Well, kinda. You still can't charge and listen to music at the same time apparently. Clever bodging though


----------



## editor (Sep 8, 2017)

beesonthewhatnow said:


> Well, kinda. You still can't charge and listen to music at the same time apparently. Clever bodging though


It really is a step backwards. On long train journeys I'm often charging and listening to music. Not being able to do that would be fucking annoying.


----------



## beesonthewhatnow (Sep 8, 2017)

editor said:


> It really is a step backwards. On long train jpurneys I'm often charging and listening to music. Not being able to do that would be fucking annoying.


I get why they did it. It's where things will end up. But, like so many Apple products, the first version is somewhat of a line in the sand that we've not quite reached yet.

See also the iPod, iPhone, iPad, Macbook Air...


----------



## editor (Sep 8, 2017)

beesonthewhatnow said:


> I get why they did it. It's where things will end up.


I really hope not. It's possible to have USB-C *AND* a headphone hack. Not being able to charge your phone while listening to music is a massive step backwards: and fuck forking out for expensive bluetooth earphones that have to be charged to work and might conk out half way on a trip. It's shit.


----------



## beesonthewhatnow (Sep 8, 2017)

In a few years time we won't have any wired headphones with our smartphones, they'll all be wireless, it's inevitable. They'll be cheap and work fine with long battery life.

Until then however, it's a pain. But Apple are right in saying this is where things are heading.


----------



## editor (Sep 8, 2017)

beesonthewhatnow said:


> In a few years time we won't have any wired headphones with our smartphones, they'll all be wireless, it's inevitable..


All headphones will be wireless "in a few years?" Nah. No fucking chance. Not everyone can afford - or wants - expensive earphones with a shit battery life, and there'll still be plenty of amps, audio gear and DJ equipment with headphone sockets about.


----------



## beesonthewhatnow (Sep 8, 2017)

editor said:


> All headphones will be wireless "in a few years?" Nah. No fucking chance. Not everyone can afford - or wants - expensive earphones with a shit battery life, and there'll still be plenty of amps, audio gear and DJ equipment with headphone sockets about.

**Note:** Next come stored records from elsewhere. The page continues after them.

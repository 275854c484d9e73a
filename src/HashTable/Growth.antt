-- ===== src/HashTable/Growth.antt =====
-- include/datastructure/custom_hash_table.h: `Put` and `Rehash`, which call one another.
use blockchain_demo.Prelude.{
  ℕ, zero, suc, ◌+◌, ◌*◌, ◌≤◌, ◌<◌, ◌≡◌, refl, ap, ◌∙◌, false, List, [], ◌∷◌, Option, none, some,
  arith, length, replicate, All, inl, inr, length-replicate, Bool-cases, ltb,
}
use blockchain_demo.HashTable.Hashing.{Key, equal_sym}
use blockchain_demo.HashTable.Bucket.{Fresh, Distinct, find-eq-none}
use blockchain_demo.HashTable.Layout.{entries-Distinct, find-entries}
use blockchain_demo.HashTable.Refinement.{
  update, Models, write-Models, size-write, length-write, replicate-Models,
}
use blockchain_demo.HashTable.{
  Entry, Table, index, find, get, write, over_loaded, entries, put_all, put_fuel, put, rehash,
}

-- The number of buckets after `f` doublings.
abbrev capacity : ℕ → ℕ → ℕ
capacity zero n = n
capacity (suc f) n = capacity f (n * 2)

capacity_mono : (f m n : ℕ) → m ≤ n → capacity f m ≤ capacity f n
capacity_mono zero m n h = h
capacity_mono (suc f) m n h = capacity_mono f (m * 2) (n * 2) (omega arith)

capacity_double : (f n : ℕ) → capacity f (n * 2) ≡ capacity f n * 2
capacity_double zero n = refl
capacity_double (suc f) n = capacity_double f (n * 2)

le-capacity : (f n : ℕ) → n ≤ capacity f n
le-capacity zero n = omega arith
le-capacity (suc f) n = omega (arith, le-capacity f (n * 2))

-- As many doublings as there are entries are enough.
capacity_enough : (f n : ℕ) → 0 < n → 4 * f ≤ 3 * capacity f n
capacity_enough zero n h = omega arith
capacity_enough (suc f) n h =
    omega (arith, capacity_enough f n h, capacity_double f n, le-capacity f n)

module _ {ℓ} {K V : Type ℓ} ⦃key : Key K⦄ where
  Models-ext :
      (t : Table K V) (f g : K → Option V) → ((q : K) → f q ≡ g q) → Models t f → Models t g
  Models-ext t f g same m = record {
    pos = m.pos;
    placed = m.placed;
    counted = m.counted;
    reads = λ q. m.reads q ∙ same q;
  }

  -- `o` is a table that reads as `f`, has `size` entries and at least `n` buckets.
  pub record Yields (o : Option (Table K V)) (f : K → Option V) (size n : ℕ) : Type ℓ where
    pub table : Table K V
    pub returned : o ≡ some table
    pub models : Models table f
    pub sized : table.size ≡ size
    pub grown : n ≤ length table.buckets

  abbrev pub size_after : Table K V → Option V → ℕ
  size_after t old = elim old [ none ↦ t.size + 1 | some _ ↦ t.size ]

module _ {ℓ} (K V : Type ℓ) ⦃key : Key K⦄ where
  -- `Put` with this fuel returns on every table of a suitable size.
  abbrev PutsWithin : ℕ → Type ℓ
  PutsWithin f =
      (t : Table K V) (g : K → Option V) (k : K) (v : V)
      → Models t g
      → 4 * t.size ≤ 3 * capacity f (length t.buckets)
      → Yields (put_fuel f t k v) (update g k (some v)) (size_after t (g k)) (length t.buckets)

module _ {ℓ} {K V : Type ℓ} ⦃key : Key K⦄ where
  abbrev overlay : List (Entry K V) → (K → Option V) → K → Option V
  overlay es g q = elim (find q es) [ none ↦ g q | some v ↦ some v ]

  overlay-cons :
      (e : Entry K V) (es : List (Entry K V)) (g : K → Option V) (q : K)
      → Fresh e.key es
      → overlay es (update g e.key (some e.value)) q ≡ overlay (e ∷ es) g q
  unfolding find
  overlay-cons e es g q h = ground (arith, find-eq-none e.key es h, key.equal_iff e.key q)

  still_absent :
      (k : K) (v : V) (g : K → Option V) (es : List (Entry K V))
      → Fresh k es
      → All (λ e. g e.key ≡ none) es
      → All (λ e. update g k (some v) e.key ≡ none) es
  still_absent k v g [] h a = tt
  still_absent k v g (e ∷ es) h a =
      (ground (arith, equal_sym k e.key), still_absent k v g es h.1 a.1)

  write-Yields :
      (t : Table K V) (g : K → Option V) (k : K) (v : V)
      → Models t g
      → Yields (some (write t k v)) (update g k (some v)) (size_after t (g k)) (length t.buckets)
  write-Yields t g k v m = record {
    table = write t k v;
    returned = refl;
    models = write-Models t g k v m;
    sized = size-write t k v ∙ ap (size_after t) (m.reads k);
    grown = omega (arith, length-write t k v);
  }

  -- The loops of `Rehash`, when every key is new.
  put_all-Yields :
      (f : ℕ)
      → PutsWithin K V f
      → (es : List (Entry K V)) (t : Table K V) (g : K → Option V) → Models t g
      → Distinct es
      → All (λ e. g e.key ≡ none) es
      → 4 * (t.size + length es) ≤ 3 * capacity f (length t.buckets)
      → Yields (put_all (put_fuel f) es t) (overlay es g) (t.size + length es) (length t.buckets)
  unfolding put_all find
  put_all-Yields f one [] t g m d a room = record {
    table = t;
    returned = refl;
    models = m;
    sized = omega arith;
    grown = omega arith;
  }
  put_all-Yields f one (e ∷ es) t g m d a room =
      let first = one t g e.key e.value m (omega arith) in
      let size : first.table.size ≡ t.size + 1 = ground (arith, first.sized) in
      let rest =
        put_all-Yields f one es first.table (update g e.key (some e.value)) first.models d.1
          (still_absent e.key e.value g es d.0 a.1)
          (omega (
            arith,
            size,
            capacity_mono f (length t.buckets) (length first.table.buckets) first.grown,
          )) in
      record {
        table = rest.table;
        returned = rw (first.returned, put_all) rest.returned;
        models =
            Models-ext rest.table (overlay es (update g e.key (some e.value))) (overlay (e ∷ es) g)
              (λ q. overlay-cons e es g q d.0) rest.models;
        sized = omega (arith, size, rest.sized);
        grown = omega (arith, first.grown, rest.grown);
      }

  All-absent : (es : List (Entry K V)) → All (λ e. ◌≡◌ {A = Option V} none none) es
  All-absent [] = tt
  All-absent (e ∷ es) = (refl, All-absent es)

  -- Putting all the entries of a table into `n` empty buckets keeps every binding.
  rebuild-Yields :
      (f : ℕ)
      → PutsWithin K V f
      → (t : Table K V) (g : K → Option V) (n : ℕ) → Models t g
      → 0 < n
      → 4 * t.size ≤ 3 * capacity f n
      → Yields
          (put_all (put_fuel f) (entries t.buckets) (record { buckets = replicate n []; size = 0 }))
          g
          t.size
          n
  unfolding get
  rebuild-Yields f one t g n m pos room =
      let reads : (q : K) → overlay (entries t.buckets) (λ _. none) q ≡ g q = λ q. ground (
        arith,
        find-entries (length t.buckets) 0 (index q (length t.buckets)) q t.buckets m.placed
            (omega arith),
        m.reads q,
      ) in
      let wide = length-replicate {A = List (Entry K V)} n [] in
      let built =
        put_all-Yields f one (entries t.buckets) (record { buckets = replicate n []; size = 0 })
          (λ _. none) (replicate-Models K V n pos)
          (entries-Distinct (length t.buckets) 0 t.buckets m.placed)
          (All-absent (entries t.buckets)) (rw wide (omega (arith, m.counted))) in
      record {
        table = built.table;
        returned = built.returned;
        models = Models-ext built.table _ g (λ q. reads q) built.models;
        sized = omega (arith, built.sized, m.counted);
        grown = omega (arith, built.grown, wide);
      }

fits {ℓ} :
    {K V : Type ℓ} (t : Table K V) → 4 * t.size ≤ 3 * length t.buckets → over_loaded t ≡ false
unfolding over_loaded
fits t h = ground arith

module _ {ℓ} (K V : Type ℓ) ⦃key : Key K⦄ where
  put_fuel-PutsWithin : (f : ℕ) → PutsWithin K V f
  unfolding put_fuel
  put_fuel-PutsWithin zero t g k v m room = rw (fits t room) (write-Yields t g k v m)
  put_fuel-PutsWithin (suc f) t g k v m room = elim (Bool-cases (over_loaded t)) [
    | inr e ↦ rw (e, put_fuel) (write-Yields t g k v m)
    | inl e ↦
        let built =
          rebuild-Yields f (put_fuel-PutsWithin f) t g (length t.buckets * 2) m
            (omega (arith, m.pos)) room in
        let last = write-Yields built.table g k v built.models in
        rw (e, put_fuel, built.returned)
          (record {
            table = last.table;
            returned = last.returned;
            models = last.models;
            sized = last.sized ∙ ground (arith, built.sized);
            grown = omega (arith, last.grown, built.grown);
          })
  ]

module _ {ℓ} {K V : Type ℓ} ⦃key : Key K⦄ where
  -- `Put` always returns; the new table has the new binding, all the others, one entry more if the
  -- key was new, and no fewer buckets.
  pub put-Yields :
      (t : Table K V) (g : K → Option V) (k : K) (v : V)
      → Models t g
      → Yields (put t k v) (update g k (some v)) (size_after t (g k)) (length t.buckets)
  unfolding put
  put-Yields t g k v m =
      put_fuel-PutsWithin K V t.size t g k v m (capacity_enough t.size (length t.buckets) m.pos)

  -- `Rehash` to any positive number of buckets returns, and keeps every binding and the size.
  rehash-Yields :
      (t : Table K V) (g : K → Option V) (n : ℕ)
      → Models t g
      → 0 < n
      → Yields (rehash t n) g t.size n
  unfolding rehash
  rehash-Yields t g n m pos =
      let some_buckets : ltb n 1 ≡ false = ground arith in
      rw some_buckets (
        rebuild-Yields t.size (put_fuel-PutsWithin K V t.size) t g n m pos
          (capacity_enough t.size n pos))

The ones that come with your phone will be. Which for the vast majority of people will be all they need.


----------



## editor (Sep 8, 2017)

beesonthewhatnow said:


> The ones that come with your phone will be. Which for the vast majority of people will be all they need.

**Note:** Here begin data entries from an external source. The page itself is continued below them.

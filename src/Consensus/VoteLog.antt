-- ===== src/Consensus/VoteLog.antt =====
-- src/consensus/consensus.cpp: the record of votes is written once for each key.
use blockchain_demo.Prelude.{
  ℕ, ◌≡◌, refl, sym, subst, ap, ◌∙◌, Bool, true, false, Option, some, Bytes, codes, bytes_eq,
  bytes_eq_iff, if_cases, option_cases, eq_of_some, none-ne-some, Bool-cases, inl, inr,
}
use blockchain_demo.HashTable.{Table, get, put}
use blockchain_demo.HashTable.Hashing.{Key, ◌===◌}
use blockchain_demo.HashTable.Refinement.{Models, update}
use blockchain_demo.HashTable.Growth.{put-Yields}
use blockchain_demo.Consensus.{ConsensusEngine, ConsensusMessage, Evidence}
use blockchain_demo.Consensus.Engine.{add_event, vote_key}
use blockchain_demo.Consensus.Voting.{
  Recorded, record_vote, note_conflict, store_vote, put_back, vote_table,
}

-- No vote that `f` knows is lost or changed in `g`.
abbrev pub Extends : (Bytes → Option Bytes) → (Bytes → Option Bytes) → Type 0
Extends f g = (k v : Bytes) → f k ≡ some v → g k ≡ some v

update-Extends :
    ⦃key : Key Bytes⦄ (f : Bytes → Option Bytes) (k v : Bytes)
    → ((old : Bytes) → f k ≡ some old → old ≡ v)
    → Extends f (update f k (some v))
update-Extends ⦃key⦄ f k v agree q w h = elim (Bool-cases (k === q)) [
  | inl e ↦ rw e (ap some (sym (agree w (ap f ((key.equal_iff k q).0 e) ∙ h))))
  | inr e ↦ rw e h
]

clash : {b : Bool} → b ≡ true → b ≡ false → ⊥
clash t f = cc

module _ {D : Type 0} where
  prepare_table :
      (msg : ConsensusMessage) (e : ConsensusEngine D)
      → bytes_eq msg.type (codes "COMMIT") ≡ false
      → vote_table msg e ≡ e.prepare_votes
  unfolding vote_table
  prepare_table msg e h = rw h refl

  commit_table :
      (msg : ConsensusMessage) (e : ConsensusEngine D)
      → bytes_eq msg.type (codes "COMMIT") ≡ true
      → vote_table msg e ≡ e.commit_votes
  unfolding vote_table
  commit_table msg e h = rw h refl

  put_back_prepare :
      (now : ℕ) (msg : ConsensusMessage) (t : Table Bytes Bytes) (e : ConsensusEngine D)
      → bytes_eq msg.type (codes "COMMIT") ≡ false
      → ((put_back now msg t e).prepare_votes ≡ t)
        × ((put_back now msg t e).commit_votes ≡ e.commit_votes)
  unfolding put_back add_event
  put_back_prepare now msg t e h =
      let P : ConsensusEngine D → Type 0 =
        λ x. (x.prepare_votes ≡ t) × (x.commit_votes ≡ e.commit_votes) in
      if_cases P (bytes_eq msg.type (codes "COMMIT")) _ _ (λ c. absurd (clash c h))
        (λ _. (refl, refl))

  put_back_commit :
      (now : ℕ) (msg : ConsensusMessage) (t : Table Bytes Bytes) (e : ConsensusEngine D)
      → bytes_eq msg.type (codes "COMMIT") ≡ true
      → ((put_back now msg t e).prepare_votes ≡ e.prepare_votes)
        × ((put_back now msg t e).commit_votes ≡ t)
  unfolding put_back add_event
  put_back_commit now msg t e h =
      let P : ConsensusEngine D → Type 0 =
        λ x. (x.prepare_votes ≡ e.prepare_votes) × (x.commit_votes ≡ t) in
      if_cases P (bytes_eq msg.type (codes "COMMIT")) _ _ (λ _. (refl, refl))
        (λ c. absurd (clash h c))

module _ {D : Type 0} ⦃key : Key Bytes⦄ where
  -- The two tables of votes are sound, and read as the given functions.
  pub record Logs (e : ConsensusEngine D) (p c : Bytes → Option Bytes) : Type 0 where
    pub prepares : Models e.prepare_votes p
    pub commits : Models e.commit_votes c

  -- What `RecordVote` returns with: sound tables that know all the votes known before.
  pub record IsLogged (p c : Bytes → Option Bytes) (o : Option (Recorded D)) : Type 0 where
    pub result : Recorded D
    pub returned : o ≡ some result
    pub new_prepares : Bytes → Option Bytes
    pub new_commits : Bytes → Option Bytes
    pub logs : Logs result.engine new_prepares new_commits
    pub keeps_prepares : Extends p new_prepares
    pub keeps_commits : Extends c new_commits

  stored :
      (now : ℕ) (msg : ConsensusMessage) (e : ConsensusEngine D) (t t' : Table Bytes Bytes)
      → vote_table msg e ≡ t
      → put t (vote_key msg) msg.block_hash ≡ some t'
      → store_vote now msg e ≡ some (record { engine = put_back now msg t' e; recorded = true })
  unfolding store_vote
  stored now msg e t t' same h =
      let h' : put (vote_table msg e) (vote_key msg) msg.block_hash ≡ some t' =
        subst (λ x. put x (vote_key msg) msg.block_hash ≡ some t') (sym same) h in
      option_cases (λ o. o ≡ some (record { engine = put_back now msg t' e; recorded = true }))
        (put (vote_table msg e) (vote_key msg) msg.block_hash) _ _
        (λ n. absurd (none-ne-some (sym n ∙ h')))
        (λ x q.
          ap (λ y. some (record { engine = put_back now msg y e; recorded = true }))
            (eq_of_some (sym q ∙ h')))

  store_prepare :
      (now : ℕ) (msg : ConsensusMessage) (e : ConsensusEngine D) (p c : Bytes → Option Bytes)
      → Logs e p c
      → bytes_eq msg.type (codes "COMMIT") ≡ false
      → ((old : Bytes) → p (vote_key msg) ≡ some old → old ≡ msg.block_hash)
      → IsLogged p c (store_vote now msg e)
  store_prepare now msg e p c l type agree =
      let y = put-Yields e.prepare_votes p (vote_key msg) msg.block_hash l.prepares in
      let (first, second) = put_back_prepare now msg y.table e type in
      record {
        result = record { engine = put_back now msg y.table e; recorded = true };
        returned = stored now msg e e.prepare_votes y.table (prepare_table msg e type) y.returned;
        new_prepares = update p (vote_key msg) (some msg.block_hash);
        new_commits = c;
        logs = record {
          prepares =
              subst (λ t. Models t (update p (vote_key msg) (some msg.block_hash))) (sym first)
                y.models;
          commits = subst (λ t. Models t c) (sym second) l.commits;
        };
        keeps_prepares = update-Extends p (vote_key msg) msg.block_hash agree;
        keeps_commits = λ k v h. h;
      }

  store_commit :
      (now : ℕ) (msg : ConsensusMessage) (e : ConsensusEngine D) (p c : Bytes → Option Bytes)
      → Logs e p c
      → bytes_eq msg.type (codes "COMMIT") ≡ true
      → ((old : Bytes) → c (vote_key msg) ≡ some old → old ≡ msg.block_hash)
      → IsLogged p c (store_vote now msg e)
  store_commit now msg e p c l type agree =
      let y = put-Yields e.commit_votes c (vote_key msg) msg.block_hash l.commits in
      let (first, second) = put_back_commit now msg y.table e type in
      record {
        result = record { engine = put_back now msg y.table e; recorded = true };
        returned = stored now msg e e.commit_votes y.table (commit_table msg e type) y.returned;
        new_prepares = p;
        new_commits = update c (vote_key msg) (some msg.block_hash);
        logs = record {
          prepares = subst (λ t. Models t p) (sym first) l.prepares;
          commits =
              subst (λ t. Models t (update c (vote_key msg) (some msg.block_hash))) (sym second)
                y.models;
        };
        keeps_prepares = λ k v h. h;
        keeps_commits = update-Extends c (vote_key msg) msg.block_hash agree;
      }

  -- A vote that does not differ from an older one is stored.
  pub store_vote-IsLogged :
      (now : ℕ) (msg : ConsensusMessage) (e : ConsensusEngine D) (p c : Bytes → Option Bytes)
      → Logs e p c
      → ((old : Bytes) → get (vote_table msg e) (vote_key msg) ≡ some old → old ≡ msg.block_hash)
      → IsLogged p c (store_vote now msg e)
  unfolding vote_table
  store_vote-IsLogged now msg e p c l agree =
      elim (Bool-cases (bytes_eq msg.type (codes "COMMIT"))) [
        | inl h ↦
            store_commit now msg e p c l h
              (λ old f. agree old (rw h (l.commits.reads (vote_key msg) ∙ f)))
        | inr h ↦
            store_prepare now msg e p c l h
              (λ old f. agree old (rw h (l.prepares.reads (vote_key msg) ∙ f)))
      ]

  -- `RecordVote` always returns where the tables of votes are sound; they stay sound, and every vote
  -- recorded before is still there, for the block that it named.
  pub record_vote-IsLogged :
      (dump : Evidence → Bytes) (now : ℕ) (msg : ConsensusMessage) (e : ConsensusEngine D)
      (p c : Bytes → Option Bytes)
      → Logs e p c
      → IsLogged p c (record_vote dump now msg e)
  unfolding record_vote
  record_vote-IsLogged dump now msg e p c l =
      option_cases (IsLogged p c) (get (vote_table msg e) (vote_key msg)) _ _
        (λ free.
          store_vote-IsLogged now msg e p c l (λ old f. absurd (none-ne-some (sym free ∙ f))))
        (λ old found.
          if_cases (IsLogged p c) (bytes_eq old msg.block_hash) _ _
            (λ same.
              store_vote-IsLogged now msg e p c l
                (λ other f. eq_of_some (sym f ∙ found) ∙ (bytes_eq_iff old msg.block_hash).0 same))
            (λ _.
              unfold note_conflict add_event in
              (record {
                result = note_conflict dump now msg old e;
                returned = refl;
                new_prepares = p;
                new_commits = c;
                logs = record { prepares = l.prepares; commits = l.commits };
                keeps_prepares = λ k v h. h;
                keeps_commits = λ k v h. h;
              })))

I sincerely hope not. Hopefully Android will continue to offer more choice and I have NEVER stuck with the headphones that come with my phone because they're always shit.

Even the Apple co-founder isn't too keen:


> “I would not use Bluetooth,” Apple co-founder Steve Wozniak declared in August. “I don’t like wireless. I have cars where you can plug in the music, or go through Bluetooth, and Bluetooth just sounds so flat for the same music.” From the tech press to alt-weeklies, qualms about Bluetooth audio quality seem to be hardening into conventional wisdom.
> Does Bluetooth Really Sound Worse? | Pitchfork





> If you listen to song you know well side-by-side on Bluetooth versus a properly wired setup, you’ll notice an unmistakable drop in quality, Greco and other experts tell me. “You don’t have to be an audiophile to hear the difference,” he says. Anyone who has heard a classic record at a high-end audio store and who also uses a Bluetooth device can probably recognize this as true.


----------



## cybershot (Sep 8, 2017)

Bluetooth headphones arn't expensive thou are they, I've just gone onto Amazon and there's plenty for £20 or less. My hearing is shite so I doubt I'd even notice the difference between a £20 pair and a £90 pair, but appreciate the audiophiles will, and yes it's inevitable, like batteries that can't be replaced all vendors will eventually follow suit.


----------



## Saul Goodman (Sep 8, 2017)

editor said:


> It really is a step backwards. On long train journeys I'm often charging and listening to music. Not being able to do that would be fucking annoying.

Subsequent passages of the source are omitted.